- **Dataset**
-- ===== src/Jobs/Tests/EventTests.antt =====
-- Two events in the outbox, and what the calls of `services/user_events.py` do with them.
use dot_backend.Prelude.{
  ℕ, ◌+◌, ◌≤◌, ◌≡◌, ◌≢◌, refl, inl, true, none, some, List, [], ◌∷◌, All, Keyed, here, arith, leb,
  ltb, ◌&&◌, first_by,
}
use dot_backend.Prelude.Json.{end}
use dot_backend.Jobs.Clock.{seconds, delay_seconds}
use dot_backend.Jobs.Queue.{claim, claimable}
use dot_backend.Jobs.Events.{
  UserEvent, EventRequest, processed, new_event, event_queue, start_processing, enqueue_user_event,
  claim_event, finish_event, retry_event,
}
use dot_backend.Jobs.Events.History.{Call, enqueues, step, run}
use dot_backend.Jobs.Events.Leases.{claim_event_exclusive}
use dot_backend.Jobs.Events.Finality.{finish_event-final}
use dot_backend.Jobs.Events.Ordering.{HandsOut, claim_event-HandsOut}
use dot_backend.Jobs.Events.Retries.{unlocked, claim_event-retry_event, retry_event-claimable}

abbrev request : EventRequest
request = record {
  user_id = 7;
  conversation_id = some 3;
  event_type = "gmail.received";
  source = "gmail";
  idempotency_key = "mail:1";
  payload = end;
  delivery_provider = some "linq";
}

abbrev other_request : EventRequest
other_request = record request { idempotency_key = "mail:2" }

abbrev third_request : EventRequest
third_request = record request { idempotency_key = "mail:3" }

abbrev first_event : UserEvent
first_event = new_event request 1 100

abbrev second_event : UserEvent
second_event = new_event other_request 2 200

abbrev tired_event : UserEvent
tired_event = record first_event { attempts = 5 }

abbrev two_events : List UserEvent
two_events = first_event ∷ second_event ∷ []

abbrev tired_events : List UserEvent
tired_events = tired_event ∷ second_event ∷ []

two_events-Keyed : Keyed (λ (e : UserEvent). e.id) two_events
two_events-Keyed = (((λ e. omega arith), tt), (tt, tt))

-- Another worker's call while the first event is at work.
abbrev meanwhile : List (ℕ × Call)
meanwhile = (1500, enqueues third_request 3) ∷ []

first_claimed :
    (claim_event unlocked 5 none 1000 two_events).0 ≡ some (start_processing 1000 first_event)
unfolding claim_event claim first_by
first_claimed = refl

second_claimed :
    (claim_event unlocked 5 none 2000
      (run 5 meanwhile (claim_event unlocked 5 none 1000 two_events).1)).0
    ≡ some (start_processing 2000 second_event)
unfolding claim_event claim first_by run step enqueue_user_event
second_claimed = refl

claim_event_exclusive_example : second_event.id ≢ first_event.id
claim_event_exclusive_example =
    claim_event_exclusive 5 unlocked unlocked none none 1000 2000 two_events meanwhile
      (start_processing 1000 first_event) (start_processing 2000 second_event) first_claimed
      ((omega arith, λ e. omega arith), tt) (omega arith) second_claimed

after_finish :
    (claim_event unlocked 5 none 2000
      (run 5 meanwhile (finish_event 1 processed none 1000 two_events))).0
    ≡ some (start_processing 2000 second_event)
unfolding claim_event claim first_by run step enqueue_user_event finish_event
after_finish = refl

finish_event-final_example : second_event.id ≢ 1
finish_event-final_example =
    finish_event-final 5 unlocked none 1 1000 2000 processed none two_events meanwhile
      (start_processing 2000 second_event) (inl refl) ((λ e. omega arith), tt) after_finish

spent : (retry_event 1 "timeout" 5 1000 tired_events).0 ≡ true
unfolding retry_event
spent = refl

after_spent :
    (claim_event unlocked 5 none 2000
      (run 5 meanwhile (retry_event 1 "timeout" 5 1000 tired_events).1)).0
    ≡ some (start_processing 2000 second_event)
unfolding claim_event claim first_by run step enqueue_user_event retry_event delay_seconds
after_spent = refl

delay_over : 1000 + seconds (delay_seconds 0) ≤ 3000000
unfolding delay_seconds
delay_over = omega arith

claim_event-retry_event_example :
    (r : UserEvent) × ((claim_event unlocked 5
        (some 1)
        3000000
        (retry_event 1 "timeout" 5 1000 two_events).1).0
      ≡ some r)
    × (r.id ≡ 1)
claim_event-retry_event_example =
    claim_event-retry_event 5 1000 3000000 "timeout" two_events first_event two_events-Keyed
      (here refl) (omega arith) delay_over

retry_event-claimable_example :
    All
      (λ x.
        x.id ≡ 1
        → claimable event_queue unlocked 5 none 3000000 x
          ≡ (leb (1000 + seconds (delay_seconds 0)) 3000000 && ltb 0 5))
      (retry_event 1 "timeout" 5 1000 two_events).1
retry_event-claimable_example =
    retry_event-claimable 5 1000 3000000 "timeout" two_events first_event two_events-Keyed
      (here refl)

claim_event-HandsOut_example :
    HandsOut unlocked 5 none 1000 two_events (claim_event unlocked 5 none 1000 two_events)
claim_event-HandsOut_example = claim_event-HandsOut unlocked 5 none 1000 two_events
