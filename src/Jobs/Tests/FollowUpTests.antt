-- ===== src/Jobs/Tests/FollowUpTests.antt =====
-- A follow-up, and the calls of `services/agent_followups.py` on it.
use dot_backend.Prelude.{
  ℕ, ◌≡◌, ◌≢◌, refl, true, none, some, List, [], ◌∷◌, All, here, arith, first_by,
}
use dot_backend.Jobs.Queue.{claim}
use dot_backend.Jobs.Events.Retries.{unlocked}
use dot_backend.Jobs.FollowUps.{
  AgentFollowUp, pending, start_follow_up, claim_follow_up, cancel_follow_up,
}
use dot_backend.Jobs.FollowUps.Stopping.{
  Call, claims, completes, retries, run, Cancelled, cancel_follow_up-final,
}
use dot_backend.Jobs.FollowUps.Sending.{
  Message, inbound, Store, replied, Worker, dispatch_due_follow_up,
}
use dot_backend.Jobs.FollowUps.Sending.Replies.{
  Settled, IsSilenced, dispatch_due_follow_up-settles, dispatch_due_follow_up-silent,
}

abbrev plan : AgentFollowUp
plan = record {
  id = 1;
  conversation_id = 3;
  user_id = 7;
  goal = "ask how the interview went";
  delivery_provider = none;
  cancel_on_user_message = true;
  status = pending;
  attempts = 0;
  due_at = 500;
  locked_at = none;
  completed_at = none;
  cancelled_at = none;
  error = none;
  created_at = 100;
}

abbrev at_work : AgentFollowUp
at_work = start_follow_up 1000 plan

-- A worker that has claimed the follow-up completes it after it was cancelled, another one fails.
abbrev late_calls : List (ℕ × Call)
late_calls = (3000, completes 1) ∷ (3100, retries 1 "timeout") ∷ (3200, claims unlocked none) ∷ []

cancel_follow_up-final_example :
    let after = run 5 late_calls (cancel_follow_up 1 "the user replied" 2000 (at_work ∷ [])) in
    All (Cancelled 1) after
    × ((r : AgentFollowUp) → (claim_follow_up unlocked 5 none 4000 after).0 ≡ some r → r.id ≢ 1)
cancel_follow_up-final_example =
    cancel_follow_up-final 5 unlocked none "the user replied" 2000 4000 (at_work ∷ []) late_calls
      at_work (tt, tt) (here refl) (λ e. ground arith)

abbrev reply : Message
reply = record { conversation_id = 3; direction = inbound; created_at = 600 }

abbrev store : Store
store = record {
  follow_ups = plan ∷ [];
  users = (record { id = 7; messaging_opted_out_at = none }) ∷ [];
  messages = reply ∷ [];
  channels = [];
}

abbrev worker : Worker
worker = record {
  has_provider = true;
  has_linq_client = true;
  automated_replies = true;
  run_turn = λ f c s. (replied ("how did it go?" ∷ []), s);
  deliver = λ f c replies s. (none, s);
}

plan_claimed : (claim_follow_up unlocked 5 none 1000 (plan ∷ [])).0 ≡ some at_work
unfolding claim_follow_up claim first_by
plan_claimed = refl

dispatch_due_follow_up-settles_example :
    All (Settled 1) (dispatch_due_follow_up worker unlocked 5 none 1000 1100 store).1.follow_ups
dispatch_due_follow_up-settles_example =
    dispatch_due_follow_up-settles worker unlocked 5 none 1000 1100 store at_work plan_claimed

dispatch_due_follow_up-silent_example :
    let (done, after) = dispatch_due_follow_up worker unlocked 5 none 1000 1100 store in
    (done ≡ true) × IsSilenced at_work 1100 store after
dispatch_due_follow_up-silent_example =
    dispatch_due_follow_up-silent worker unlocked 5 none 1000 1100 store at_work reply (tt, tt)
      plan_claimed refl (here refl) refl refl (omega arith)
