-- ===== src/Jobs/Tests/TaskTests.antt =====
-- A daily task and a reach-out, and the calls of `services/schedules.py` on them.
use dot_backend.Prelude.{
  ℕ, ◌*◌, ◌≡◌, ◌≢◌, refl, String, Bool, true, false, none, some, List, [], ◌∷◌, All, here, arith,
  first_by, find?,
}
use dot_backend.Prelude.Text.{strip, take_text}
use dot_backend.Prelude.Json.{end}
use dot_backend.Jobs.Queue.{claim}
use dot_backend.Jobs.Events.Retries.{unlocked}
use dot_backend.Jobs.Schedules.{
  ScheduledTask, active, processing, TaskRequest, created, create_scheduled_task, claim_task,
  cancel_scheduled_task, task_id,
}
use dot_backend.Jobs.Schedules.Recurring.{
  once, daily, Zone, parse_recurrence, next_wall, day, IsNext, next_wall-IsNext,
}
use dot_backend.Jobs.Schedules.Cancelling.{
  Call, claims, completes, retries, run, Cancelled, cancel_scheduled_task-final,
}
use dot_backend.Jobs.Schedules.Dispatch.{Worker, Store, dispatch_due_scheduled_task}
use dot_backend.Jobs.Schedules.Dispatch.Once.{IsTold, IsRun, dispatch-settles, dispatch-reachout}

abbrev utc : String → Zone
utc _ = record { to_wall = λ t. record { reading = t; fold = false }; to_utc = λ w. w.reading }

abbrev reachout : ScheduledTask
reachout = record {
  id = 1;
  user_id = 7;
  conversation_id = some 3;
  action_type = "agent.reachout";
  source = "agent";
  idempotency_key = "schedule:1";
  title = "stand-up";
  payload = end;
  delivery_provider = some "linq";
  timezone = "UTC";
  recurrence = daily;
  scheduled_for = 500;
  next_attempt_at = 500;
  status = active;
  attempts = 0;
  run_count = 0;
  locked_at = none;
  last_run_at = none;
  completed_at = none;
  cancelled_at = none;
  error = none;
  created_at = 100;
}

abbrev at_work : ScheduledTask
at_work = record reachout { status = processing; attempts = 1; locked_at = some 1000 }

-- The worker that has claimed the task completes it after it was cancelled, another one fails.
abbrev late_calls : List (ℕ × Call)
late_calls = (3000, completes 1) ∷ (3100, retries 1 "timeout") ∷ (3200, claims unlocked none) ∷ []

cancel_scheduled_task-final_example :
    let after = run utc 5 late_calls (cancel_scheduled_task 7 1 2000 (at_work ∷ [])).1 in
    All (Cancelled 1) after
    × ((r : ScheduledTask) → (claim_task unlocked 5 none 4000 after).0 ≡ some r → r.id ≢ 1)
cancel_scheduled_task-final_example =
    cancel_scheduled_task-final utc 5 unlocked none 2000 4000 (at_work ∷ []) late_calls at_work
      (tt, tt) (here refl) (λ e. ground arith)

next_wall-IsNext_example : IsNext day 500 (3 * day) (next_wall daily 500 (3 * day))
next_wall-IsNext_example = next_wall-IsNext daily 500 (3 * day)

abbrev request : TaskRequest
request = record {
  user_id = 7;
  conversation_id = some 3;
  action_type = "agent.reachout";
  source = "agent";
  idempotency_key = "schedule:2";
  title = " water the plants ";
  payload = end;
  run_at = 5000;
  timezone = "UTC";
  recurrence = "once";
  delivery_provider = none;
}

abbrev any_zone : String → Bool
any_zone _ = true

abbrev watering : ScheduledTask
watering = record reachout {
  id = 2;
  idempotency_key = "schedule:2";
  title = "water the plants";
  delivery_provider = none;
  recurrence = once;
  scheduled_for = 5000;
  next_attempt_at = 5000;
  created_at = 1000;
}

watering_created :
    create_scheduled_task any_zone request 2 1000 (reachout ∷ [])
    ≡ created watering (reachout ∷ watering ∷ [])
unfolding create_scheduled_task parse_recurrence strip take_text
watering_created = refl

abbrev worker : Worker
worker = record {
  print_id = λ k. "00000000-0000-0000-0000-000000000001";
  isoformat = λ t. "2026-01-01T09:00:00+00:00";
  parse_id = λ s. none;
  bad_id = "badly formed hexadecimal UUID string";
  zones = utc;
  sync_financial_connection = λ connection notify provider s. (none, s);
  execute_account_deletion = λ user s. (none, s);
}

abbrev store : Store
store = record { tasks = reachout ∷ []; events = [] }

reachout_claimed : (claim_task unlocked 5 none 1000 (reachout ∷ [])).0 ≡ some at_work
unfolding claim_task claim first_by
reachout_claimed = refl

dispatch-settles_example :
    All
      (λ (x : ScheduledTask). x.id ≡ 1 → x.status ≢ processing)
      (dispatch_due_scheduled_task worker unlocked 5 none 1000 1100 1200 9 store).1.tasks
dispatch-settles_example =
    dispatch-settles worker unlocked 5 none 1000 1100 1200 9 store at_work reachout_claimed

dispatch-reachout_example :
    let (done, after) = dispatch_due_scheduled_task worker unlocked 5 none 1000 1100 1200 9 store in
    (done ≡ true)
    × IsTold worker at_work 1100 [] after.events
    × ((x : ScheduledTask) × (find? (task_id 1) after.tasks ≡ some x) × IsRun worker at_work 1200 x)
dispatch-reachout_example =
    dispatch-reachout worker unlocked 5 none 1000 1100 1200 9 store at_work (tt, tt)
      reachout_claimed refl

- **Work task**
Take every line of the material that contains the word "Bool", and copy it.

- **Solution for this exercise**
  ℕ, ◌*◌, ◌≡◌, ◌≢◌, refl, String, Bool, true, false, none, some, List, [], ◌∷◌, All, here, arith,
abbrev any_zone : String → Bool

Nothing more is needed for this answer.